Опять ушёл на корму, смотрел, как отдаляется Макарьевский монастырь, как земля, ставшая своей, кутается в голубую дымку. До Мурашкина отсюда часа два на лошадке.
Совестно стало — жить бы да жить у тёплого жениного бока.
— Зимой слаще! — сказал себе Савва, чувствуя озорство в биении сердца: простору радо, дороге.
У самого борта ухнуло. Брызги в лицо.
— На белугу, что ли, наехали? — крикнул Савва кормщику.
— Слава Богу, не на мель!
— Хозяин, ужинать пора! — позвали работники.
— Ушица?
— Лосятина! — откликнулся кашевар. — Мы же заднюю ногу купили в Нижнем.
— Ладно, — сказал Савва. — Отведаем.
И стоял, смотрел на Лысково, на почти домашние берега. Енафа с Малашеком тоже, должно быть, вечеряют.
Милые Саввины люди — сын да жена — рыбку удили на мельнице, возле плотины. День выдался золотой, вечер теплом ласкал. Рыба, разнежась, не спешила кормиться.
— Батюшка-то небось мимо Лыскова проплывает, — сказал Малашек, меняя червя на муху.
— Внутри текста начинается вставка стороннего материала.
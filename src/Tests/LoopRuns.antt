-- ===== src/Tests/LoopRuns.antt =====
-- Runs of the signer, the batch creator and the loops.
use peggo.Base.{
  ℕ, ◌+◌, ◌≤◌, arith, ltb, ◌≡◌, ◌⊎◌, refl, codes, List, [], ◌∷◌, ◌++◌, map, Option, some, All, Any,
  false, inl, String, ◌==◌, if◌then◌else◌,
}
use peggo.Effect.{Error, raised, ok, err, M, for_each}
use peggo.Types.{OutgoingTxBatch, BatchFees}
use peggo.Network.Recorder.{World}
use peggo.Orchestrator.{Orchestrator}
use peggo.Orchestrator.Recorded.{recorded}
use peggo.Signer.{
  sign, sign_validator_sets, oldest_unsigned_valsets, confirm_valset, sign_new_batch,
  oldest_unsigned_batch, confirm_batch,
}
use peggo.Signer.Confirms.{ConfirmedValset, ConfirmedBatch, sign-Confirms}
use peggo.BatchCreator.{
  request_token_batches, get_unbatched_token_fees, request_token_batch, check_min_batch_fee,
  below_min_fee, request_batch, get_token_denom,
}
use peggo.BatchCreator.Worth.{Requested, Worth, request_token_batches-Worth}
use peggo.Loops.{timer, run_loop, received, empty, closed, wait}
use peggo.Loops.Ends.{Reaches, FailsWith, run_loop-FailsWith, polls, wait-loses}
use peggo.Tests.Fixtures.{orchestrator, valset}

abbrev o : Orchestrator (Unit {0})
o = orchestrator (record { ethereum_event_nonce = 4; ethereum_event_height = 80 })

abbrev start : World (Unit {0})
start = record { env = tt; trace = [] }

sign-Confirms_example :
    All (ConfirmedValset o 1 (sign (recorded o) 1 start).1.trace) (valset 6 ∷ valset 7 ∷ [])
    × (batch : Option OutgoingTxBatch) × (x : World (Unit {0})) × (y : World (Unit {0}))
    × (oldest_unsigned_batch (recorded o) 1 x ≡ (ok batch, y))
    × ConfirmedBatch o 1 (sign (recorded o) 1 start).1.trace batch
unfolding sign sign_validator_sets oldest_unsigned_valsets confirm_valset sign_new_batch
    oldest_unsigned_batch confirm_batch for_each
sign-Confirms_example =
    sign-Confirms o 1 start start (sign (recorded o) 1 start).1 (valset 6 ∷ valset 7 ∷ []) refl refl

ltb-AtMost : (x y : ℕ) → ltb x y ≡ false → y ≤ x
ltb-AtMost x y h = ground arith

-- The fees of token 7 are worth the minimum.
request_token_batches-Worth_example :
    Requested (codes "peggy" ++ 7 ∷ []) []
    ⊎ ((fees : List BatchFees) × (v : World (Unit {0})) × (get_unbatched_token_fees
            (recorded o)
            start
          ≡ (ok fees, v))
        × Any (Worth o (λ y x. y ≤ x) ltb-AtMost (codes "peggy" ++ 7 ∷ [])) fees)
unfolding request_token_batches get_unbatched_token_fees request_token_batch check_min_batch_fee
    below_min_fee request_batch get_token_denom for_each
request_token_batches-Worth_example =
    request_token_batches-Worth o (λ y x. y ≤ x) ltb-AtMost (codes "peggy" ++ 7 ∷ []) start
      (inl refl)

-- An iteration that fails from the state 2 on.
abbrev count : M ℕ (Unit {0})
count s = if s == 2 then (err (raised "enough"), s) else (ok tt, s + 1)

abbrev recovered : String → Error
recovered p = raised p

run_loop-FailsWith_example :
    (u : ℕ) × Reaches count 0 u × FailsWith (λ e. false) recovered count (raised "enough") u 2
unfolding run_loop
run_loop-FailsWith_example =
    run_loop-FailsWith (λ e. false) recovered count (timer ∷ timer ∷ timer ∷ timer ∷ []) 0 2
      (raised "enough") refl

wait-loses_example :
    (wait [] (polls 2 (map received (raised "oracle" ∷ raised "signer" ∷ []) ++ empty ∷ []))
      ≡ some (raised "oracle" ∷ raised "signer" ∷ []))
    × (wait [] (polls 2 (map received (raised "oracle" ∷ raised "signer" ∷ []) ++ closed ∷ []))
        ≡ some [])
wait-loses_example = wait-loses 2 (raised "oracle") (raised "signer" ∷ []) []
— Если в Нижнем управился с делами, так оно и есть, — согласилась Енафа. — Ну, кто из нас первым поймает?
— Везучий.
— Хитрец!
Малашек показал на храм, венчавший взгорье:
— Матушка, а ведь лепый. Купола не ахти велики, но к небу так и тянутся. Люди нас хвалят.
— Дядьям своим скажи спасибо.
Малашек кинул леску под стоящее колесо.
— Матушка, а Господь Бог нас наградит за такой-то храм?
Слёзы так и брызнули из глаз Енафы.
— За что нас награждать? Деньги на храм разбойные пошли.
— Мы же себе могли взять...
— Нет, — сказала Енафа, — не могли.
— А помнишь, как мы с тобой лошадь в лесу бросили, с телегой, с добром?.. Как милостыней кормились?
— Уж такая жизнь. Наплачешься и напляшешься... В те годы горе поверху плыло, вот мы его и хлебали.
— Ты меня отпусти к деду ниву косить. Он обрадуется.
— Отпущу, Малашек. На поплавок-то гляди! — и подсекла своего.